Was benutzt ihr so für Laptops?


----------



## Grollmus

Hallo,

wenn Du ein robustes industrietaugliches Gerät suchst, bekommst Du es auch nicht billiger als das Field-PG. Beim Field-PG hast Du noch den Vorteil, dass Du die SIMATIC-Software billiger bekommst, als wenn Du diese einzeln kaufst.

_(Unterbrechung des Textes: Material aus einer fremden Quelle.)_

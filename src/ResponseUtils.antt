-- ===== src/ResponseUtils.antt =====
-- api/proxy/response_utils.py: what a provider's response is turned into for the client and the log.
-- Python's `None` is the JSON `null`. The arithmetic of floats is an argument.
pub mod Laws
use ai_proxy.Common.{
  ℕ, ◌%◌, ◌^◌, String, append, Bool, true, false, not, ◌||◌, Option, none, some, List, [], ◌∷◌,
  ◌==◌, nat_eq, contains, ◌>>=◌, if◌then◌else◌, or_else, is_given,
}
use ai_proxy.Dict
use ai_proxy.Dict.{Dict}
use ai_proxy.Text.{lower, strip, join}
use ai_proxy.Json.{
  ℤ, Json, null, bool, int, float, str, arr, obj, object, as_object, JsonObject, get_object,
  get_str,
}
use ai_proxy.Routing.{RouteResult}

abbrev pub hop_by_hop_headers : List String
hop_by_hop_headers =
    "connection" ∷ "content-encoding" ∷ "content-length" ∷ "keep-alive" ∷ "proxy-authenticate"
    ∷ "proxy-authorization" ∷ "te" ∷ "trailer" ∷ "transfer-encoding" ∷ "upgrade" ∷ []

unfoldable pub proxy_response_headers : Dict String → Bool → Dict String
proxy_response_headers headers json_body =
    let out = Dict.filter_keys (λ key. not (contains (lower key) hop_by_hop_headers)) headers in
    if json_body then Dict.set out "content-type" "application/json" else out

abbrev usage_of : Json → Option JsonObject
usage_of response_body = as_object response_body >>= λ d. get_object d "usage"

-- The counts of tokens, as the provider gave them.
unfoldable pub extract_usage : Json → Option Json × Option Json × Option Json
extract_usage response_body = elim (usage_of response_body) [
  | none ↦ (none, none, none)
  | some usage ↦ (
    Dict.get usage "prompt_tokens",
    Dict.get usage "completion_tokens",
    Dict.get usage "total_tokens",
  )
]

-- Floats as bit patterns: `float(n)` of an integer, or `none` where it raises an OverflowError; `float(s)`
-- of a text, or `none` where it raises a ValueError; and the sum.
pub record FloatOps : Type 0 where
  pub from_int : ℤ → Option ℕ
  pub parse : String → Option ℕ
  pub add : ℕ → ℕ → ℕ

-- `x == 0.0`, for both zeros
abbrev pub is_zero : ℕ → Bool
is_zero bits = nat_eq (bits % 2 ^ 63) 0

-- The cost that a value is, if it is one; or `none` where the code raises.
unfoldable pub parse_cost_value : FloatOps → Option Json → Option (Option ℕ)
parse_cost_value ops (some (int n)) = ops.from_int n >>= λ bits. some (some bits)
parse_cost_value ops (some (float bits)) = some (some bits)
parse_cost_value ops (some (str s)) = some (if strip s == "" then none else ops.parse (strip s))
parse_cost_value ops _ = some none

unfoldable pub parse_boolean_value : Option Json → Option Bool
parse_boolean_value (some (bool b)) = some b
parse_boolean_value (some (str s)) =
    if lower (strip s) == "true"
    then some true
    else if lower (strip s) == "false"
    then some false
    else none
parse_boolean_value _ = none

abbrev or_later : {A : Type 0} → Option (Option A) → Option A → Option (Option A)
or_later later none = later
or_later later (some a) = some (some a)

-- The first value that `parse` takes, by the order of the keys in one container; or `none` where it
-- raises before.
unfoldable pub first_in :
    {A : Type 0} → (Option Json → Option (Option A)) → JsonObject → List String → Option (Option A)
first_in parse container [] = some none
first_in parse container (key ∷ keys) =
    let later = first_in parse container keys in parse (Dict.get container key) >>= or_later later

-- `_first_numeric_value` and `_first_boolean_value`
unfoldable pub first_value :
    {A : Type 0}
    → (Option Json → Option (Option A))
    → List (Option JsonObject)
    → List String
    → Option (Option A)
unfolding first_in
first_value parse [] keys = some none
first_value parse (none ∷ containers) keys = first_value parse containers keys
first_value parse (some container ∷ containers) keys =
    let later = first_value parse containers keys in
    first_in parse container keys >>= or_later later

-- `cost or 0.0`
abbrev pub or_zero : Option ℕ → ℕ
or_zero none = 0
or_zero (some bits) = if is_zero bits then 0 else bits

abbrev prefer_base : Option ℕ → Option ℕ → Option ℕ
prefer_base none inference_cost = inference_cost
prefer_base (some base) inference_cost =
    if is_zero base then or_else inference_cost (some base) else some base

-- What `extract_cost` makes of the costs that it found: with a key of the user's own, the sum.
unfoldable pub combine_costs : FloatOps → Option ℕ → Option ℕ → Option Bool → Option ℕ
combine_costs ops none none is_byok = none
combine_costs ops base inference (some true) = some (ops.add (or_zero base) (or_zero inference))
combine_costs ops base inference _ = prefer_base base inference

abbrev cost_containers : JsonObject → List (Option JsonObject)
cost_containers body =
    let usage = get_object body "usage" in
    usage
    ∷ (usage >>= λ u. get_object u "cost_details")
    ∷ some body
    ∷ get_object body "cost_details"
    ∷ []

abbrev cost_in : FloatOps → JsonObject → Option (Option ℕ)
cost_in ops body = do
  base ← first_value (parse_cost_value ops) (cost_containers body) ("cost" ∷ "router_cost" ∷ [])
  inference ←
      first_value (parse_cost_value ops) (cost_containers body)
        ("upstream_inference_cost" ∷ "inference_cost" ∷ "market_cost" ∷ [])
  is_byok ← first_value (λ v. some (parse_boolean_value v)) (cost_containers body) ("is_byok" ∷ [])
  some (combine_costs ops base inference is_byok)

-- The cost of a response, if it has one; or `none` where the code raises.
unfoldable pub extract_cost : FloatOps → Json → Option (Option ℕ)
unfolding first_value combine_costs parse_cost_value parse_boolean_value
extract_cost ops response_body = elim (as_object response_body) [
  | none ↦ some none
  | some body ↦ cost_in ops body
]

abbrev pub message_in : JsonObject → Option String
message_in body =
    or_else (get_object body "error" >>= λ error. get_str error "message")
      (or_else (get_str body "message") (get_str body "raw_text"))

unfoldable pub extract_error_message : Json → Option String → Option String
extract_error_message response_body fallback =
    or_else (as_object response_body >>= message_in) fallback

abbrev pub with_message : Option JsonObject → String → JsonObject
with_message none message = ("message", str message) ∷ []
with_message (some error) message = Dict.set_default error "message" (str message)

abbrev pub normalize_by : JsonObject → Option String → Json → Json
normalize_by body none response_body = response_body
normalize_by body (some message) response_body =
    if message == ""
    then response_body
    else object (Dict.set body "error" (object (with_message (get_object body "error") message)))

abbrev pub normalize_object : JsonObject → Json → Json
normalize_object body response_body =
    if Dict.contains body "raw_text"
    then response_body
    else normalize_by body (message_in body) response_body

unfoldable pub normalize_error_response_body : Json → Json
normalize_error_response_body response_body = elim (as_object response_body) [
  | none ↦ response_body
  | some body ↦ normalize_object body response_body
]

abbrev pins_of : Option (List String) → List String
pins_of none = []
pins_of (some pins) = pins

unfoldable pub client_route_identifier : RouteResult → String
client_route_identifier route =
    if not (route.route_label == "")
    then route.route_label
    else let route_value = append route.provider_name (append ":" route.mapped_model) in
      if is_given route.pinned_providers
      then append route_value (append "+" (join "," (pins_of route.pinned_providers)))
      else route_value

-- `include` is `config.response.include_ai_proxy_route`.
unfoldable pub inject_ai_proxy_route : Bool → RouteResult → Json → Json
inject_ai_proxy_route include route response_body = elim (as_object response_body) [
  | none ↦ response_body
  | some body ↦
      if not include || Dict.contains body "raw_text"
      then response_body
      else object (Dict.set body "ai_proxy_route" (str (client_route_identifier route)))
]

Für den Büroeinsatz kannst Du jedes beliebige Notebook verwenden. Am besten mit 2 GB Hauptspeicher, damit auch WinCC flexible vernünftig läuft. Wir haben welche von HP und Dell aber auch von Medion (Aldi etc.) im Einsatz. Im Bürobetrieb haben wir mit keinem Problem, außer dass bei den Medions schon zweimal das Board defekt war.


----------



## Unregistrierter gast

Grollmus schrieb:


> Im Bürobetrieb haben wir mit keinem Problem, außer dass bei den Medions schon zweimal das *Board defekt *war.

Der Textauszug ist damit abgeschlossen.